Michael Gove, who kicked off his surprise bid today, is running as the “full-fat” version offered by Vote Leave: exit from not just the European Union but from the single market, a cash bounty for Britain’s public services, more investment in science and education. Make Britain great again!

Although my reading of the Conservative parliamentary party is that Gove’s chances of getting to the top two are receding, with Andrea Leadsom the likely beneficiary. She, too, will offer something close to the unadulterated version of exit that Gove is running on. That is the version that is making officials in Whitehall and the Bank of England most nervous, as they expect it means exit on World Trade Organisation terms, followed by lengthy and severe recession.
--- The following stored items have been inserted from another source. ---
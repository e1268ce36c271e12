-- ===== src/Results.antt =====
-- internal/state/results.go: the cache of the scanners' results, with `Result` and `Finding` of
-- internal/scanner/types.go. The lock of the cache is held in every method, so a method is one step.
-- A time is a value of `T`; a value of a map that is not a string is a `J`.
pub mod History
pub mod Summaries
use ar_csent.Prelude.{
  ℕ, zero, suc, ◌-◌, List, [], ◌∷◌, ◌++◌, map, flat_map, length, ltb, if◌then◌else◌, ℤ, pos, negsuc,
}
use ar_csent.Text.{Text}
use ar_csent.Dict.{Dict, set}

pub data Value (J : Type 0) : Type 0 where
  string : Text → Value J
  other : J → Value J

pub record Finding (J : Type 0) : Type 0 where
  pub id : Text
  pub severity : Text
  pub category : Text
  pub description : Text
  pub evidence : Dict (Value J)
  pub remediation : Text

pub record ScanResult (T J : Type 0) : Type 0 where
  pub scanner_name : Text
  pub status : Text
  pub findings : List (Finding J)
  pub started_at : T
  pub finished_at : T
  pub duration : ℤ
  pub metadata : Dict (Value J)

pub record ResultSummary (T : Type 0) : Type 0 where
  pub scanner_name : Text
  pub status : Text
  pub findings : ℕ
  pub started_at : T
  pub finished_at : T
  pub duration : ℤ
  pub metadata : Dict Text

pub record FindingSummary (T : Type 0) : Type 0 where
  pub scanner_name : Text
  pub severity : Text
  pub category : Text
  pub description : Text
  pub occurred_at : T
  pub evidence : Dict Text

pub record ResultCache (T J : Type 0) : Type 0 where
  pub latest : Dict (ScanResult T J)
  pub history : List (ScanResult T J)
  pub limit : ℕ

-- `xs[n:]`
unfoldable pub drop {ℓ} : {A : Type ℓ} → ℕ → List A → List A
drop n [] = []
drop zero (x ∷ xs) = x ∷ xs
drop (suc n) (x ∷ xs) = drop n xs

-- The values of a map that are strings.
unfoldable pub strings : {J : Type 0} → Dict (Value J) → Dict Text
strings [] = []
strings ((k, string s) ∷ d) = (k, s) ∷ strings d
strings ((k, other v) ∷ d) = strings d

-- `limit <= 0` stands for 50.
abbrev pub limit_of : ℤ → ℕ
limit_of (pos zero) = 50
limit_of (pos (suc n)) = suc n
limit_of (negsuc n) = 50

module _ {T J : Type 0} where
  unfoldable pub new_cache : ℤ → ResultCache T J
  new_cache limit = record { latest = []; history = []; limit = limit_of limit }

  -- The newest results, no more than the limit.
  abbrev trimmed : ℕ → List (ScanResult T J) → List (ScanResult T J)
  trimmed limit history =
      if ltb limit (length history) then drop (length history - limit) history else history

  unfoldable pub add : ScanResult T J → ResultCache T J → ResultCache T J
  unfolding set drop
  add result c = record {
    latest = set result.scanner_name result c.latest;
    history = trimmed c.limit (c.history ++ result ∷ []);
    limit = c.limit;
  }

  unfoldable pub summarize : ScanResult T J → ResultSummary T
  unfolding strings
  summarize res = record {
    scanner_name = res.scanner_name;
    status = res.status;
    findings = length res.findings;
    started_at = res.started_at;
    finished_at = res.finished_at;
    duration = res.duration;
    metadata = strings res.metadata;
  }

  abbrev values : Dict (ScanResult T J) → List (ScanResult T J)
  values [] = []
  values ((k, res) ∷ d) = res ∷ values d

  -- Go visits a map in any order; this is that of the first results of the names.
  unfoldable pub latest_summaries : ResultCache T J → List (ResultSummary T)
  unfolding summarize
  latest_summaries c = map summarize (values c.latest)

  unfoldable pub history_summaries : ResultCache T J → List (ResultSummary T)
  unfolding summarize
  history_summaries c = map summarize c.history

  abbrev finding_summary : ScanResult T J → Finding J → FindingSummary T
  finding_summary res finding = record {
    scanner_name = res.scanner_name;
    severity = finding.severity;
    category = finding.category;
    description = finding.description;
    occurred_at = res.finished_at;
    evidence = strings finding.evidence;
  }

  unfoldable pub findings_history : ResultCache T J → List (FindingSummary T)
  unfolding strings
  findings_history c = flat_map (λ res. map (finding_summary res) res.findings) c.history
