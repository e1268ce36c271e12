-- ===== src/Alerting.antt =====
-- internal/alerting/engine.go: the engine that throttles, queues and delivers alerts. Times and
-- durations are in nanoseconds on a clock that does not go back; the clock's reading is an argument.
-- SHA-256 in hexadecimal is the argument `hash`, `time.ParseDuration` the argument `parse_duration`.
-- A window or a backoff below 0 is kept as 0: it neither throttles nor sleeps.
pub mod Steps
pub mod Throttling
pub mod Delivery
pub mod Channels
pub mod Reached
use ar_csent.Prelude.{
  ℕ, zero, suc, ◌+◌, ◌-◌, ◌*◌, ◌%◌, ◌^◌, Bool, true, false, not, ◌&&◌, Option, none, some, List, [],
  ◌∷◌, ◌++◌, length, ltb, is_empty, if◌then◌else◌, ℤ, pos, negsuc,
}
use ar_csent.Text.{Text, codes}
use ar_csent.Dict.{Dict, get, set}
use ar_csent.Results.{Finding}

-- `timestamp` is `none` for Go's zero time.
pub record Alert (J : Type 0) : Type 0 where
  pub id : Text
  pub timestamp : Option ℕ
  pub severity : Text
  pub scanner_name : Text
  pub finding : Finding J
  pub reason : Text

pub record Config : Type 0 where
  pub enabled : Bool
  pub dedup_window : Text
  pub retry_max : ℤ
  pub retry_backoff : Text

pub record Engine (J : Type 0) : Type 0 where
  pub throttle : ℕ
  pub retry_max : ℕ
  pub retry_backoff : ℕ
  pub enabled : Bool
  pub last_seen : Dict ℕ
  pub queue : List (Alert J)

abbrev at_least_zero : ℤ → ℕ
at_least_zero (pos n) = n
at_least_zero (negsuc n) = 0

abbrev duration_or : Option ℤ → ℕ → ℕ
duration_or none default = default
duration_or (some d) default = at_least_zero d

abbrev configured : (Text → Option ℤ) → Text → ℕ → ℕ
configured parse_duration text default =
    if is_empty text then default else duration_or (parse_duration text) default

abbrev pub queue_size : ℕ
queue_size = 256

abbrev timestamp_or : ℕ → Option ℕ → Option ℕ
timestamp_or now none = some now
timestamp_or now (some t) = some t

abbrev pub within : ℕ → ℕ → Option ℕ → Bool
within throttle now none = false
within throttle now (some last) = ltb (now - last) throttle

module _ {J : Type 0} where
  -- `New`: five minutes and two seconds where the configuration has no duration.
  unfoldable pub new_engine : (Text → Option ℤ) → Config → Engine J
  new_engine parse_duration cfg = record {
    throttle = configured parse_duration cfg.dedup_window 300000000000;
    retry_max = at_least_zero cfg.retry_max;
    retry_backoff = configured parse_duration cfg.retry_backoff 2000000000;
    enabled = cfg.enabled;
    last_seen = [];
    queue = [];
  }

  abbrev fingerprint : (Text → Text) → Alert J → Text
  fingerprint hash alert = hash (
      alert.scanner_name
      ++ (codes "|"
          ++ (alert.severity
              ++ (codes "|" ++ (alert.finding.id ++ (codes "|" ++ alert.finding.description))))))

  -- The alert with its identifier and its time filled in.
  abbrev pub prepare : (Text → Text) → ℕ → Alert J → Alert J
  prepare hash now alert = record {
    id = if is_empty alert.id then fingerprint hash alert else alert.id;
    timestamp = timestamp_or now alert.timestamp;
    severity = alert.severity;
    scanner_name = alert.scanner_name;
    finding = alert.finding;
    reason = alert.reason;
  }

  -- `isThrottled`: the answer, and the engine after a call that answers `false`.
  unfoldable pub is_throttled : ℕ → Text → Engine J → Bool
  unfolding get
  is_throttled now id e = within e.throttle now (get id e.last_seen)

  unfoldable pub mark_seen : ℕ → Text → Engine J → Engine J
  unfolding set
  mark_seen now id e = record e { last_seen = set id now e.last_seen }

  -- The `select` on the queue: an alert that finds it full is dropped.
  unfoldable pub enqueue : Alert J → Engine J → Engine J
  enqueue alert e =
      if ltb (length e.queue) queue_size then record e { queue = e.queue ++ alert ∷ [] } else e

  unfoldable pub send_prepared : ℕ → Alert J → Engine J → Engine J
  unfolding is_throttled mark_seen enqueue
  send_prepared now alert e =
      if is_throttled now alert.id e then e else enqueue alert (mark_seen now alert.id e)

  unfoldable pub send : (Text → Text) → ℕ → Alert J → Engine J → Engine J
  unfolding send_prepared
  send hash now alert e = if e.enabled then send_prepared now (prepare hash now alert) e else e

-- What the attempts at one channel come to.
pub record Outcome : Type 0 where
  pub attempts : ℕ
  pub slept : ℕ
  pub delivered : Bool

-- `time.Sleep(e.retryBackoff * time.Duration(1<<attempt))` on 64-bit integers: a product that
-- overflows into a negative one sleeps not at all.
unfoldable pub sleep_time : ℕ → ℕ → ℕ
sleep_time backoff attempt =
    let d = (backoff * 2 ^ attempt) % 2 ^ 64 in if ltb d (2 ^ 63) then d else 0

-- The loop from an attempt on, with so many attempts left; `fails` tells of each attempt whether the
-- channel's `Send` returns an error.
unfoldable pub deliver_from : (ℕ → Bool) → ℕ → ℕ → ℕ → Outcome
unfolding sleep_time
deliver_from fails backoff zero attempt = record { attempts = 0; slept = 0; delivered = false }
deliver_from fails backoff (suc left) attempt =
    let rest = deliver_from fails backoff left (suc attempt) in
    if fails attempt
    then record {
      attempts = suc rest.attempts;
      slept = sleep_time backoff attempt + rest.slept;
      delivered = rest.delivered;
    }
    else record { attempts = 1; slept = 0; delivered = true }

-- The loop over the attempts 0 to `retryMax`, for one channel of `deliver`.
unfoldable pub deliver_to : (ℕ → Bool) → ℕ → ℕ → Outcome
unfolding deliver_from
deliver_to fails backoff retry_max = deliver_from fails backoff (suc retry_max) 0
Elsewhere, both Stephen Crabb and Theresa May, who supported a Remain vote, have kicked off their campaigns with a promise that “Brexit means Brexit” in the words of May, while Crabb has conceded that, in his view, the Leave vote means that Britain will have to take more control of its borders as part of any exit deal. May has made retaining Britain’s single market access a priority, Crabb has not.

On the Labour side, John McDonnell has set out his red lines in a Brexit negotiation, and again remaining in the single market is a red line, alongside access to the European Investment Bank, and the maintenance of “social Europe”. But he, too, has stated that Brexit means the “end of free movement”.

My reading – and indeed the reading within McDonnell’s circle – is that it is the loyalists who are likely to emerge victorious in Labour’s power struggle, although it could yet be under a different leader. (Serious figures in that camp are thinking about whether Clive Lewis might be the solution to the party’s woes.) Even if they don’t, the rebels’ alternate is likely either to be drawn from the party’s Brownite tendency or to have that faction acting as its guarantors, making an end to free movement a near-certainty on the Labour side.

Why does that matter? Well, the emerging consensus on Whitehall is that, provided you were willing to sacrifice the bulk of Britain’s financial services to Frankfurt and Paris, there is a deal to be struck in which Britain remains subject to only three of the four freedoms – free movement of goods, services, capital and people – but retains access to the single market. 

That means that what Brexit actually looks like remains a matter of conjecture, a subject of considerable consternation for British officials. For staff at the Bank of England,  who have to make a judgement call in their August inflation report as to what the impact of an out vote will be. The Office of Budget Responsibility expects that it will be heavily led by the Bank. Britain's short-term economic future will be driven not by elected politicians but by polls of the Conservative membership. A tense few months await. 

Stephen Bush is special correspondent at the New Statesman. He usually writes about politics.